The next step is to enter a brief message to be sent to the user in the summary field. You can include web links in the summary though depending on the channel they may not display correctly. For SMS/Messaging, you may need to show the URL by itself, not wrapped in HTML, since the HTML will be sent as plain text over these channels.
Next, add some tags that highlight the key nouns in your intent qualifiers and title. As mentioned above, these tags assist the NLU engine in matching intents, your content, and the user input by highlighting the key sections of the user's message in regards to the intents which you created.
Your finished article should look something like this:
Tap Save when finished to save your article.
Back in the search view, you should now see your new article. Note that it has a “Pending” notation on it. We add this for new articles, and articles created by agents using the Agent Advisor widget so that a Manager or Supervisor can approve before the article gets include in the results. You can simply tap “Approve” to continue.

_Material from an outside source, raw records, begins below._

-- ===== src/Ingestor/Batch/Collect.antt =====
-- consumer.py, the loop `for msg in batch`: what one message and the whole loop add.
use agentic_ml_engineering_l.Base.{
  ℕ, ◌≤◌, String, Option, none, some, List, [], ◌∷◌, ◌≡◌, Result, ok, raise, In, All, arith,
  ==_refl,
}
use agentic_ml_engineering_l.Base.Dict.{get}
use agentic_ml_engineering_l.Base.Equality.{string_eq, nat_eq, pair_eq}
use agentic_ml_engineering_l.Ingestor.{Settings, Message, External, Env, Key}
use agentic_ml_engineering_l.Ingestor.Validate.{validate}
use agentic_ml_engineering_l.Ingestor.Batch.{
  Progress, dispatch, track, collect_fields, collect_message, collect, after_message, max_seen,
}
use agentic_ml_engineering_l.Ingestor.Batch.Handled.{TakenFields, Taken-mono, Staged}
use agentic_ml_engineering_l.Ingestor.Batch.Grows.{
  Grows, Grows-refl, Grows-trans, OnReturn, dispatch-Grows, dispatch-Taken, max_offset-track,
  track-Grows, le-max_seen,
}

module _ {B R D T : Type 0} (x : External B R D T) (s : Settings) (env : Env) where
  -- The offset of a message is at most the one that is kept for its partition.
  abbrev pub Tracked : Progress R D T → Option String → Option ℕ → Option ℕ → Type 0
  Tracked q (some t) (some k) (some o) = (n : ℕ) × (get (t, k) q.max_offset ≡ some n) × (o ≤ n)
  Tracked q _ _ _ = Unit

  Tracked-track :
      (t : String) (k o : ℕ) (p : Progress R D T)
      → Tracked (track (t, k) o p) (some t) (some k) (some o)
  Tracked-track t k o p = (
    max_seen (get (t, k) p.max_offset) o,
    rw (max_offset-track x s env (t, k) (t, k) o p, ==_refl {A = Key} (t, k)),
    le-max_seen x s env (get (t, k) p.max_offset) o,
  )

  Tracked-mono :
      {p q : Progress R D T} (t : Option String) (k o : Option ℕ)
      → Grows p q
      → Tracked p t k o
      → Tracked q t k o
  Tracked-mono (some t) (some k) (some o) g (n, e, l) =
      let (n', e', l') = g.offsets (t, k) n e in (n', e', omega arith)
  Tracked-mono none k o g h = tt
  Tracked-mono (some t) none o g h = tt
  Tracked-mono (some t) (some k) none g h = tt

  -- What is known of a message that the loop has passed.
  abbrev pub Passed : Progress R D T → Message B → Type 0
  Passed q m = Staged x s q m × Tracked q m.topic m.partition m.offset

  Passed-mono : {p q : Progress R D T} (m : Message B) → Grows p q → Passed p m → Passed q m
  Passed-mono m g h = (
    Taken-mono x s _ _ _ _ _ _ g.features_rows g.labels_rows g.letters m h.0,
    Tracked-mono m.topic m.partition m.offset g h.1,
  )

  Passed-dispatch :
      {p : Progress R D T} (P : Progress R D T → Type 0) (t : Option String) (k o : Option ℕ)
      (r : Result (Unit {0}) × Progress R D T)
      → OnReturn P r
      → Grows p r.1
      → Tracked p t k o
      → OnReturn (λ q. P q × Tracked q t k o) r
  Passed-dispatch P t k o (ok _, q) h g h' = (h, Tracked-mono t k o g h')
  Passed-dispatch P t k o (raise e, q) h g h' = tt

  All-Passed_cons :
      (m : Message B) (ms : List (Message B)) (q : Progress R D T)
      (r : Result (Unit {0}) × Progress R D T)
      → Passed q m
      → Grows q r.1
      → OnReturn (λ q'. All (Passed q') ms) r
      → OnReturn (λ q'. All (Passed q') (m ∷ ms)) r
  All-Passed_cons m ms q (ok _, q') h g rest = (Passed-mono m g h, rest)
  All-Passed_cons m ms q (raise e, q') h g rest = tt

  collect_fields-Grows :
      (t : Option String) (k o : Option ℕ) (raw : Option B) (p : Progress R D T)
      → Grows p (collect_fields x s env t k o raw p).1
  collect_fields-Grows (some t) (some k) (some o) raw p =
      Grows-trans (track-Grows x s env (t, k) o p) (
        unfold collect_fields in
        dispatch-Grows x s env t k o raw (validate x s t raw) (track (t, k) o p))
  collect_fields-Grows none k o raw p = unfold collect_fields in Grows-refl p
  collect_fields-Grows (some t) none o raw p = unfold collect_fields in Grows-refl p
  collect_fields-Grows (some t) (some k) none raw p = unfold collect_fields in Grows-refl p

  collect_fields-Passed :
      (t : Option String) (k o : Option ℕ) (raw : Option B) (p : Progress R D T)
      → OnReturn
          (λ q.
            TakenFields x s
              (λ r. In r q.features_rows)
              (λ r. In r q.labels_rows)
              q.world.dlq
              t
              k
              o
              raw
            × Tracked q t k o)
          (collect_fields x s env t k o raw p)
  collect_fields-Passed (some t) (some k) (some o) raw p =
      let start = track (t, k) o p in
      unfold collect_fields in
      Passed-dispatch
        (λ q.
          TakenFields x s (λ r. In r q.features_rows) (λ r. In r q.labels_rows) q.world.dlq (some t)
            (some k) (some o) raw)
        (some t) (some k) (some o) (dispatch x s env t k o raw (validate x s t raw) start)
        (dispatch-Taken x s env t k o raw (validate x s t raw) start)
        (dispatch-Grows x s env t k o raw (validate x s t raw) start) (Tracked-track t k o p)
  collect_fields-Passed none k o raw p = unfold collect_fields in (tt, tt)
  collect_fields-Passed (some t) none o raw p = unfold collect_fields in (tt, tt)
  collect_fields-Passed (some t) (some k) none raw p = unfold collect_fields in (tt, tt)

  -- A raise ends the loop, and the later messages see only growth.
  after_message-Grows :
      (p : Progress R D T) (r : Result (Unit {0}) × Progress R D T)
      (continue : Progress R D T → Result (Unit {0}) × Progress R D T)
      → Grows p r.1
      → ((q : Progress R D T) → Grows q (continue q).1)
      → Grows p (after_message r continue).1
  after_message-Grows p (raise e, q) continue g h = g
  after_message-Grows p (ok _, q) continue g h = Grows-trans g (h q)

  after_message-Passed :
      (m : Message B) (ms : List (Message B)) (r : Result (Unit {0}) × Progress R D T)
      (continue : Progress R D T → Result (Unit {0}) × Progress R D T)
      → OnReturn (λ q. Passed q m) r
      → ((q : Progress R D T) → Grows q (continue q).1)
      → ((q : Progress R D T) → OnReturn (λ q'. All (Passed q') ms) (continue q))
      → OnReturn (λ q. All (Passed q) (m ∷ ms)) (after_message r continue)
  after_message-Passed m ms (raise e, q) continue h g rest = tt
  after_message-Passed m ms (ok _, q) continue h g rest =
      All-Passed_cons m ms q (continue q) h (g q) (rest q)

  pub collect-Grows :
      (ms : List (Message B)) (p : Progress R D T) → Grows p (collect x s env ms p).1
  unfolding collect
  collect-Grows [] p = Grows-refl p
  collect-Grows (m ∷ ms) p =
      after_message-Grows p (collect_message x s env m p) (λ q. collect x s env ms q)
        (collect_fields-Grows m.topic m.partition m.offset m.value p) (λ q. collect-Grows ms q)

  -- When the loop returns, every message is staged and its offset is tracked.
  pub collect-Passed :
      (ms : List (Message B)) (p : Progress R D T)
      → OnReturn (λ q. All (Passed q) ms) (collect x s env ms p)
  unfolding collect
  collect-Passed [] p = tt
  collect-Passed (m ∷ ms) p =
      after_message-Passed m ms (collect_message x s env m p) (λ q. collect x s env ms q)
        (collect_fields-Passed m.topic m.partition m.offset m.value p) (λ q. collect-Grows ms q)
        (λ q. collect-Passed ms q)
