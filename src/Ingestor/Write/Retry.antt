-- ===== src/Ingestor/Write/Retry.antt =====
-- consumer.py, `_write_with_retry`: the retries end, and what each end leaves behind.
use agentic_ml_engineering_l.Base.{
  ℕ, zero, suc, ◌+◌, ◌*◌, ◌^◌, ◌≤◌, ◌<◌, ◌≡◌, refl, ◌∙◌, true, false, Option, none, some, List, [],
  ◌∷◌, ltb, Exc, Result, ok, raise, arith, inl, inr, ◌⊎◌, Bool-cases, ltb→lt,
}
use agentic_ml_engineering_l.Db.Session.{close}
use native.Mathlib.Nat.{pow-le-pow_right, two-pow-succ}
use native.Mathlib.Numerals.{towards_suc}
use agentic_ml_engineering_l.Ingestor.{
  Settings, Row, External, Tables, Counters, World, WriteErrors, Env,
}
use agentic_ml_engineering_l.Ingestor.Write.{
  Written, insert_table, after_features, write_body, write_batch, after_write, after_failure,
  write_loop, after_attempt, write_with_retry,
}

module _ {B R D T : Type 0} (x : External B R D T) where
  -- The table after its turn: with no rows there is no statement.
  abbrev pub store : List (Row R D) → T → T
  store [] t = t
  store (r ∷ rows) t = (x.landing.insert (r ∷ rows) t).1

  abbrev pub stored : List (Row R D) → List (Row R D) → Tables T → Tables T
  stored f l d = record { features = store f d.features; labels = store l d.labels }

  insert_table_cases :
      (error : Option Exc) (rows : List (Row R D)) (t : T) (c : Counters)
      → ((c' : Counters) × (insert_table x error rows t c ≡ (ok tt, store rows t, c')))
        ⊎ ((e : Exc) × (insert_table x error rows t c ≡ (raise e, t, c)))
  unfolding insert_table
  insert_table_cases error [] t c = inl (c, refl)
  insert_table_cases (some e) (r ∷ rows) t c = inr (e, refl)
  insert_table_cases none (r ∷ rows) t c = inl (_, refl)

  write_body_cases :
      (errors : WriteErrors) (f l : List (Row R D)) (d : Tables T) (c : Counters)
      → ((c' : Counters) × (write_body x errors f l d c ≡ (ok tt, stored f l d, c')))
        ⊎ ((e : Exc) × (d' : Tables T) × (c' : Counters) × (write_body x errors f l d c
              ≡ (raise e, d', c')))
  unfolding write_body
  write_body_cases errors f l d c =
      elim (insert_table_cases errors.features_insert f d.features c) [
        | inr (e, p) ↦ inr (e, d, c, rw (p, after_features))
        | inl (c1, p) ↦ elim (insert_table_cases errors.labels_insert l d.labels c1) [
          | inr (e, q) ↦
              inr (e, record d { features = store f d.features }, c1, rw (p, after_features, q))
          | inl (c2, q) ↦ inl (c2, rw (p, after_features, q))
        ]
      ]

  write_batch_lem :
      (errors : WriteErrors) (f l : List (Row R D)) (d : Tables T) (c : Counters)
      → write_batch x errors f l d c ≡ close d errors.commit (write_body x errors f l d c)
  unfolding write_batch
  write_batch_lem errors f l d c = refl

  close_cases :
      (commit : Option Exc) (d d' : Tables T) (c' : Counters)
      → ((close d commit (ok tt, d', c')) ≡ (ok tt, d', c'))
        ⊎ ((e : Exc) × (close d commit (ok tt, d', c') ≡ (raise e, d, c')))
  unfolding close
  close_cases none d d' c' = inl refl
  close_cases (some e) d d' c' = inr (e, refl)

  -- One attempt stores every row, or raises and stores none.
  pub write_batch_cases :
      (errors : WriteErrors) (f l : List (Row R D)) (d : Tables T) (c : Counters)
      → ((c' : Counters) × (write_batch x errors f l d c ≡ (ok tt, stored f l d, c')))
        ⊎ ((e : Exc) × (c' : Counters) × (write_batch x errors f l d c ≡ (raise e, d, c')))
  write_batch_cases errors f l d c = elim (write_body_cases errors f l d c) [
    | inr (e, d', c', p) ↦
        inr (e, c', rw (write_batch_lem errors f l d c, p) (unfold close in refl))
    | inl (c', p) ↦ elim (close_cases errors.commit d (stored f l d) c') [
      | inl q ↦ inl (c', rw (write_batch_lem errors f l d c, p) q)
      | inr (e, q) ↦ inr (e, c', rw (write_batch_lem errors f l d c, p) q)
    ]
  ]

-- What a call of `_write_with_retry` does not touch.
pub record SameRest {T : Type 0} (w v : World T) : Type 0 where
  pub dlq : v.dlq ≡ w.dlq
  pub reports : v.reports ≡ w.reports
  pub commits : v.commits ≡ w.commits
  pub commit_failures : v.commit_failures ≡ w.commit_failures
  pub last_commit_error : v.last_commit_error ≡ w.last_commit_error

same :
    {T : Type 0} {w : World T} {d : Tables T} {c : Counters}
    → SameRest w (record w { tables = d; counters = c })
same = record {
  dlq = refl;
  reports = refl;
  commits = refl;
  commit_failures = refl;
  last_commit_error = refl;
}

module _ {B R D T : Type 0} (x : External B R D T) (s : Settings) (env : Env)
    (f l : List (Row R D)) where
  -- A return has stored every row; a raise has stored none, and comes after `max_retries` retries.
  abbrev pub Ends : World T → Written T → Result (Unit {0}) → Type 0
  Ends w r (ok _) = r.world.tables ≡ stored x f l w.tables
  Ends w r (raise e) = (r.world.tables ≡ w.tables) × (r.attempts ≡ s.max_retries + 1)

  pub record Outcome (w : World T) (r : Written T) : Type 0 where
    pub ends : Ends w r r.result
    pub rest : SameRest w r.world
    pub attempts_bound : r.attempts ≤ s.max_retries + 1
    pub slept_bound : r.slept + s.retry_backoff_base ≤ s.retry_backoff_base * 2 ^ s.max_retries

  -- The three ways through a round.
  write_loop_done :
      (fuel attempt slept : ℕ) (w : World T) {d : Tables T} {c : Counters}
      → write_batch x (env.write_errors attempt) f l w.tables w.counters ≡ (ok tt, d, c)
      → write_loop x s env f l (suc fuel) attempt slept w
        ≡ some (record {
          result = ok tt;
          world = after_write x w d c;
          attempts = attempt + 1;
          slept = slept;
        })
  unfolding write_loop
  write_loop_done fuel attempt slept w p = rw (p, after_attempt)

  write_loop_exhausted :
      (fuel attempt slept : ℕ) (w : World T) {d : Tables T} {c : Counters} {e : Exc}
      → write_batch x (env.write_errors attempt) f l w.tables w.counters ≡ (raise e, d, c)
      → ltb s.max_retries (attempt + 1) ≡ true
      → write_loop x s env f l (suc fuel) attempt slept w
        ≡ some (record {
          result = raise e;
          world = after_failure x w d c;
          attempts = attempt + 1;
          slept = slept;
        })
  unfolding write_loop
  write_loop_exhausted fuel attempt slept w p h = rw (p, after_attempt, h)

  write_loop_retry :
      (fuel attempt slept : ℕ) (w : World T) {d : Tables T} {c : Counters} {e : Exc}
      → write_batch x (env.write_errors attempt) f l w.tables w.counters ≡ (raise e, d, c)
      → ltb s.max_retries (attempt + 1) ≡ false
      → write_loop x s env f l (suc fuel) attempt slept w
        ≡ write_loop x s env f l fuel
            (attempt + 1)
            (slept + s.retry_backoff_base * 2 ^ attempt)
            (after_failure x w d c)
  unfolding write_loop
  write_loop_retry fuel attempt slept w p h = rw (p, after_attempt, h)

  backoff_bound :
      (attempt slept : ℕ)
      → attempt ≤ s.max_retries
      → slept + s.retry_backoff_base ≡ s.retry_backoff_base * 2 ^ attempt
      → slept + s.retry_backoff_base ≤ s.retry_backoff_base * 2 ^ s.max_retries
  backoff_bound attempt slept a e = let p = pow-le-pow_right {n = 2} (omega arith) a in grind arith

  backoff_step :
      (attempt slept : ℕ)
      → slept + s.retry_backoff_base ≡ s.retry_backoff_base * 2 ^ attempt
      → slept + s.retry_backoff_base * 2 ^ attempt + s.retry_backoff_base
        ≡ s.retry_backoff_base * 2 ^ (attempt + 1)
  backoff_step attempt slept e = simp towards_suc (rw (two-pow-succ attempt) (omega arith))

  write_loop_total :
      (fuel attempt slept : ℕ) (w : World T)
      → attempt ≤ s.max_retries
      → s.max_retries < fuel + attempt
      → slept + s.retry_backoff_base ≡ s.retry_backoff_base * 2 ^ attempt
      → (r : Written T) × (write_loop x s env f l fuel attempt slept w ≡ some r) × Outcome w r
  write_loop_total zero attempt slept w a h e = absurd (omega arith)
  write_loop_total (suc fuel) attempt slept w a h e =
      elim (write_batch_cases x (env.write_errors attempt) f l w.tables w.counters) [
        | inl (c, p) ↦ (
          _,
          write_loop_done fuel attempt slept w p,
          record {
            ends = refl;
            rest = same;
            attempts_bound = omega arith;
            slept_bound = backoff_bound attempt slept a e;
          },
        )
        | inr (exc, c, p) ↦ elim (Bool-cases (ltb s.max_retries (attempt + 1))) [
          | inl last ↦ (
            _,
            write_loop_exhausted fuel attempt slept w p last,
            record {
              ends = (refl, omega (arith, ltb→lt s.max_retries (attempt + 1) last));
              rest = same;
              attempts_bound = omega arith;
              slept_bound = backoff_bound attempt slept a e;
            },
          )
          | inr more ↦
              let (r, q, o) =
                write_loop_total fuel (attempt + 1) (slept + s.retry_backoff_base * 2 ^ attempt)
                  (after_failure x w w.tables c) (ground arith) (omega arith)
                  (backoff_step attempt slept e) in
              (
                r,
                write_loop_retry fuel attempt slept w p more ∙ q,
                record {
                  ends = o.ends;
                  rest = record {
                    dlq = o.rest.dlq;
                    reports = o.rest.reports;
                    commits = o.rest.commits;
                    commit_failures = o.rest.commit_failures;
                    last_commit_error = o.rest.last_commit_error;
                  };
                  attempts_bound = o.attempts_bound;
                  slept_bound = o.slept_bound;
                },
              )
        ]
      ]

  loop_from_start :
      (w : World T)
      → (r : Written T) × (write_loop x s env f l (s.max_retries + 1) 0 0 w ≡ some r) × Outcome w r
  loop_from_start w =
      write_loop_total (s.max_retries + 1) 0 0 w (omega arith) (omega arith) (omega arith)

  -- There is nothing to write: no attempt is made.
  nothing_to_write :
      (w : World T)
      → w.tables ≡ stored x f l w.tables
      → Outcome w (record { result = ok tt; world = w; attempts = 0; slept = 0 })
  nothing_to_write w h = record {
    ends = h;
    rest = same;
    attempts_bound = omega arith;
    slept_bound = backoff_bound 0 0 (omega arith) (omega arith);
  }

module _ {B R D T : Type 0} (x : External B R D T) (s : Settings) (env : Env) where
  -- With any errors at any attempt, `_write_with_retry` ends: with a return, and then every row is
  -- stored; or with a raise, and then no row is stored and `max_retries + 1` attempts were made.
  -- There are at most `max_retries + 1` attempts, the time slept is at most
  -- `retry_backoff_base * (2 ^ max_retries - 1)`, and the dead letters and commits stay.
  pub write_with_retry_total :
      (f l : List (Row R D)) (w : World T)
      → (r : Written T) × (write_with_retry x s env f l w ≡ some r) × Outcome x s env f l w r
  unfolding write_with_retry
  write_with_retry_total [] [] w = (_, refl, nothing_to_write x s env [] [] w refl)
  write_with_retry_total [] (row ∷ l) w = loop_from_start x s env [] (row ∷ l) w
  write_with_retry_total (row ∷ f) l w = loop_from_start x s env (row ∷ f) l w
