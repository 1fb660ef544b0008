-- ===== src/Ingestor/Batch/Commit.antt =====
-- consumer.py, `_process_batch_inner`: the courses that a batch can take, and the promise that an
-- offset is committed only after what it covers has been handled.
use agentic_ml_engineering_l.Base.{
  ℕ, Option, none, some, List, [], ◌∷◌, ◌≡◌, refl, sym, subst, ◌∙◌, Exc, kafka_exception, Result,
  ok, raise, In, inl, inr, ◌⊎◌, ap,
}
use agentic_ml_engineering_l.Base.Dict.{Dict}
use agentic_ml_engineering_l.Base.Equality.{string_eq, nat_eq, pair_eq}
use agentic_ml_engineering_l.Db.Upsert.{Holds, Holds-insert_self}
use agentic_ml_engineering_l.Ingestor.{Settings, Message, Row, External, World, Env, Key}
use agentic_ml_engineering_l.Ingestor.Write.{Written, write_with_retry}
use agentic_ml_engineering_l.Ingestor.Write.Retry.{Outcome, store, write_with_retry_total}
use agentic_ml_engineering_l.Ingestor.Batch.{
  Progress, collect, next_offsets, commit_offsets, process_batch, after_collect, after_written,
}

-- An offset commit changes neither the database nor the dead letters and their reports.
pub record Keeps {T : Type 0} (w v : World T) : Type 0 where
  pub tables : v.tables ≡ w.tables
  pub dlq : v.dlq ≡ w.dlq
  pub reports : v.reports ≡ w.reports

module _ {B R D T : Type 0} (x : External B R D T) (s : Settings) (env : Env) where
  abbrev pub start : World T → Progress R D T
  start w = record { features_rows = []; labels_rows = []; max_offset = []; world = w }

  -- The loop over the messages raised; the write raised; or both returned and the commit was made.
  pub data Course (batch : List (Message B)) (w : World T)
      : Option (Result (Unit {0}) × World T) → Type 0 where
    unread :
        (e : Exc) (p : Progress R D T)
        → collect x s env batch (start w) ≡ (raise e, p)
        → Course batch w (some (raise e, p.world))
    unwritten :
        (e : Exc) (p : Progress R D T) (r : Written T)
        → collect x s env batch (start w) ≡ (ok tt, p)
        → Outcome x s env p.features_rows p.labels_rows p.world r
        → r.result ≡ raise e
        → Course batch w (some (raise e, r.world))
    written :
        (p : Progress R D T) (r : Written T)
        → collect x s env batch (start w) ≡ (ok tt, p)
        → Outcome x s env p.features_rows p.labels_rows p.world r
        → r.result ≡ ok tt
        → Course batch w
            (some (commit_offsets (next_offsets p.max_offset) env.commit_error r.world))

  Result-cases : (r : Result (Unit {0})) → (r ≡ ok tt) ⊎ ((e : Exc) × (r ≡ raise e))
  Result-cases (ok _) = inl refl
  Result-cases (raise e) = inr (e, refl)

  after_written_ok :
      (d : Dict Key ℕ) (r : Written T)
      → r.result ≡ ok tt
      → after_written x s env d (some r)
        ≡ some (commit_offsets (next_offsets d) env.commit_error r.world)
  after_written_ok d r e = unfold after_written in rw (e, after_written)

  after_written_raise :
      (d : Dict Key ℕ) (r : Written T) {e : Exc}
      → r.result ≡ raise e
      → after_written x s env d (some r) ≡ some (raise e, r.world)
  after_written_raise d r h = unfold after_written in rw (h, after_written)

  after_collect_lem :
      (p : Progress R D T)
      → after_collect x s env (ok tt, p)
        ≡ after_written x s env p.max_offset
            (write_with_retry x s env p.features_rows p.labels_rows p.world)
  after_collect_lem p = unfold after_collect in refl

  after_collect-Course :
      (batch : List (Message B)) (w : World T) (c : Result (Unit {0}) × Progress R D T)
      → collect x s env batch (start w) ≡ c
      → Course batch w (after_collect x s env c)
  after_collect-Course batch w (raise e, p) h = unfold after_collect in unread e p h
  after_collect-Course batch w (ok _, p) h =
      let (r, q, o) = write_with_retry_total x s env p.features_rows p.labels_rows p.world in
      let shown = after_collect_lem p ∙ ap (after_written x s env p.max_offset) q in
      elim (Result-cases r.result) [
        | inl e ↦
            subst (Course batch w) (sym (shown ∙ after_written_ok p.max_offset r e))
              (written p r h o e)
        | inr (exc, e) ↦
            subst (Course batch w) (sym (shown ∙ after_written_raise p.max_offset r e))
              (unwritten exc p r h o e)
      ]

  -- The course of every batch; so every batch ends.
  pub process_batch-Course :
      (batch : List (Message B)) (w : World T) → Course batch w (process_batch x s env batch w)
  process_batch-Course batch w =
      unfold process_batch in after_collect-Course batch w (collect x s env batch (start w)) refl

  pub Holds-store :
      (rows : List (Row R D)) (t : T) (r : Row R D) → In r rows → Holds x.landing (store x rows t) r
  Holds-store [] t r i = elim i [ ]
  Holds-store (a ∷ rows) t r i = Holds-insert_self x.landing (a ∷ rows) t r i

  pub commit_offsets-Keeps :
      (offsets : List (Key × ℕ)) (error : Option Exc) (w : World T)
      → Keeps w (commit_offsets offsets error w).1
  unfolding commit_offsets
  commit_offsets-Keeps offsets none w = record { tables = refl; dlq = refl; reports = refl }
  commit_offsets-Keeps offsets (some (kafka_exception text)) w = record {
    tables = refl;
    dlq = refl;
    reports = refl;
  }
  commit_offsets-Keeps offsets (some _) w = record { tables = refl; dlq = refl; reports = refl }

Training and Tuning Your Knowledge Base
Before we add more articles, let’s test our Knowledge Base and see how our NLU will return results. In the search view, type something close to your article’s title or intent qualifiers. In the example we gave above, we'll type something like “my username isn’t working”.
Even though this utterance was not exactly the same as what was added, it still matched the article with a VERY GOOD confidence.
If we try a different user input, like “my password is not letting me into my account”, this is different enough that the NLU engine will return as FAIR PLUS. Generally, we set the threshold to GOOD so in this new example, the article won't be shown to a user. However, we can easily “train” the article to respond to this input regardless, by tapping on the thumbs-up icon right beneath the result. This will add the utterance to a set of “Positive Learnings” that will be used in the matching. Once you tap the icon, resubmit the search and the article should now come back as VERY GOOD.
What about thumbs-down? This should be used sparingly to differentiate between two articles that may have intents that are close in meaning. NLU is not a specific pattern match, but more fuzzy, so having articles with similar intents but different content should be discouraged. That said, using thumbs down can help when that does occur, to indicate which of the two articles you'd like the NLU engine to match. Simply use the thumbs-down button on the article you'd like to de-prioritize, and the NLU engine will "prefer" the other one over it.
For more best practices, see Training and Tuning your Intents and FAQs.
Using Entities With Your Knowledge Base
Entities are keywords that refer to a number of synonyms. For example the entity
sports may have a number of synonyms like walking, running, football, jogging, baseball, etc. When creating intent qualifiers and tags for your articles, you can leverage the power of entities as well.
Leveraging entities within your Knowledge Base provides the same benefits that doing so affords you elsewhere: they are a great way to make intents even broader, allowing the NLU to associate a group of words (like similar products, different misspellings of common words, and so on) with an entity instead of pattern matching to every single item in the group.
To use entities within your Knowledge Base, you'll need to connect your domain by going to the Knowledge Base Settings (the bottom icon in the Settings Toolbar), clicking on "KB Settings", then on More Settings, and selecting your domain from the Entity drop down list. Lastly, hit Update.
Let's assume that we have pre-created an entity called
credentials. It contains the following values:
Now in our article, we are going to replace any word where we want our credentials entity to be substituted in, INCLUDING the tags. Like this:
Now, when someone says an utterance that includes any of our entity synonyms, they should match.